Magistrado ResponsávelPINTO HESPANHOL
Data da Resolução19 de Outubro de 2005
EmissorSupremo Tribunal de Justiça (Portugal)

Acordam na Secção Social do Supremo Tribunal de Justiça: I 1. Em 20 de Dezembro de 2002, no Tribunal do Trabalho de Matosinhos, A e B intentaram a presente acção, com processo especial, emergente de acidente de trabalho contra C - Empresa de Trabalho Temporário, L.da, e Companhia de Seguros D, S.A., pedindo a condenação das rés no pagamento das pensões e indemnizações devidas pela morte do filho de ambos, E, resultante de acidente de trabalho ocorrido em 5 de Fevereiro de 2002, quando este prestava a sua actividade profissional como servente a favor da primeira ré, embora cedido à empresa utilizadora de trabalho temporário, F, L.da, que procedia à limpeza do telhado das instalações da G - Empresa de Produtos Longos, S.A., em S. Pedro de Fins, Maia.

A ré entidade patronal contestou, defendendo a sua absolvição da instância, por se considerar parte ilegítima, já que não lhe podia ser imputada a violação de qualquer das prescrições legais de segurança no trabalho invocadas na petição inicial e porque «tinha a sua responsabilidade infortunística por acidente de trabalho totalmente transferida para a Companhia de Seguros D, S.A., através da apólice de seguros de acidentes de trabalho n.º 348592»; por seu turno, a ré seguradora, na contestação apresentada, sustentou a improcedência da acção, uma vez que o acidente se ficou a dever a negligência grosseira do sinistrado ou à omissão das normas de segurança e sempre à falta de condições de segurança no trabalho da responsabilidade da empresa utilizadora de trabalho temporário, da dona da obra e do coordenador da obra em matéria de segurança e saúde, sendo que a responsabilidade da seguradora, a existir, seria meramente subsidiária, «como resulta do cotejo dos artigos 18.º e 37.º da Lei n.º 100/97, de 13.09».
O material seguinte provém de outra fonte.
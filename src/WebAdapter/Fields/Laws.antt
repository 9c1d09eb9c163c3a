-- ===== src/WebAdapter/Fields/Laws.antt =====
-- webadapter.py: the outcomes of the page number.
use opencode_optimised_tooli.Prelude.{
  Bool-cases, Option-cases, arith, codes, inl, inr, lookup, ltb, none, refl, true, ℕ, ◌≡◌, ◌≤◌, ◌⊎◌,
  list_eq, nat_eq, pair_eq, string_eq,
}
use opencode_optimised_tooli.Query.Types.{Setup, is_digits, int_of}
use opencode_optimised_tooli.WebAdapter.Types.{parameter_error, value_error, ok, fault, Form}
use opencode_optimised_tooli.WebAdapter.Fields.{or_one, parse_pageno}

module _ (setup : Setup) where
  -- The three outcomes of the page number: a number from 1 on, a refusal that shows the field, or
  -- a ValueError for a text of digits that `int` does not read.
  pub parse_pageno_outcomes :
      (form : Form)
      → ((n : ℕ) × (1 ≤ n) × (parse_pageno setup form ≡ ok n))
        ⊎ ((parse_pageno setup form
              ≡ fault (parameter_error (codes "pageno") (or_one (lookup (codes "pageno") form))))
            ⊎ ((parse_pageno setup form ≡ fault value_error)
                × (is_digits setup.unicode (or_one (lookup (codes "pageno") form)) ≡ true)
                × (int_of setup.unicode (or_one (lookup (codes "pageno") form)) ≡ none)))
  unfolding parse_pageno
  parse_pageno_outcomes form =
      let p = or_one (lookup (codes "pageno") form) in
      elim (Bool-cases (is_digits setup.unicode p)) [
        | inr no_digits ↦ inr (inl (rw no_digits refl))
        | inl digits ↦ elim (Option-cases (int_of setup.unicode p)) [
          | inl e ↦ inr (inr (rw (digits, e) refl, digits, e))
          | inr (n, e) ↦ elim (Bool-cases (ltb n 1)) [
            | inl low ↦ inr (inl (rw (digits, e, low) refl))
            | inr high ↦ inl (n, ground arith, rw (digits, e, high) refl)
          ]
        ]
      ]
Na decorrência da posição firmada na contestação, a ré seguradora requereu, ao abrigo da alínea b) do n.º 1 do artigo 129.º do Código de Processo do Trabalho, a citação da empresa utilizadora de trabalho temporário, da dona da obra e do coordenador da obra em matéria de segurança e saúde para contestarem, pretensão que foi indeferida, por se ter entendido que a empresa de trabalho temporário era a entidade patronal do sinistrado, a qual «continua obrigada à reparação do acidente, mesmo quando este é provocado por terceiros, como se dispõe no artigo 31.º [da Lei n.º 100/97, de 13 de Setembro]».

Realizado julgamento, foi proferida sentença que julgou a acção totalmente procedente.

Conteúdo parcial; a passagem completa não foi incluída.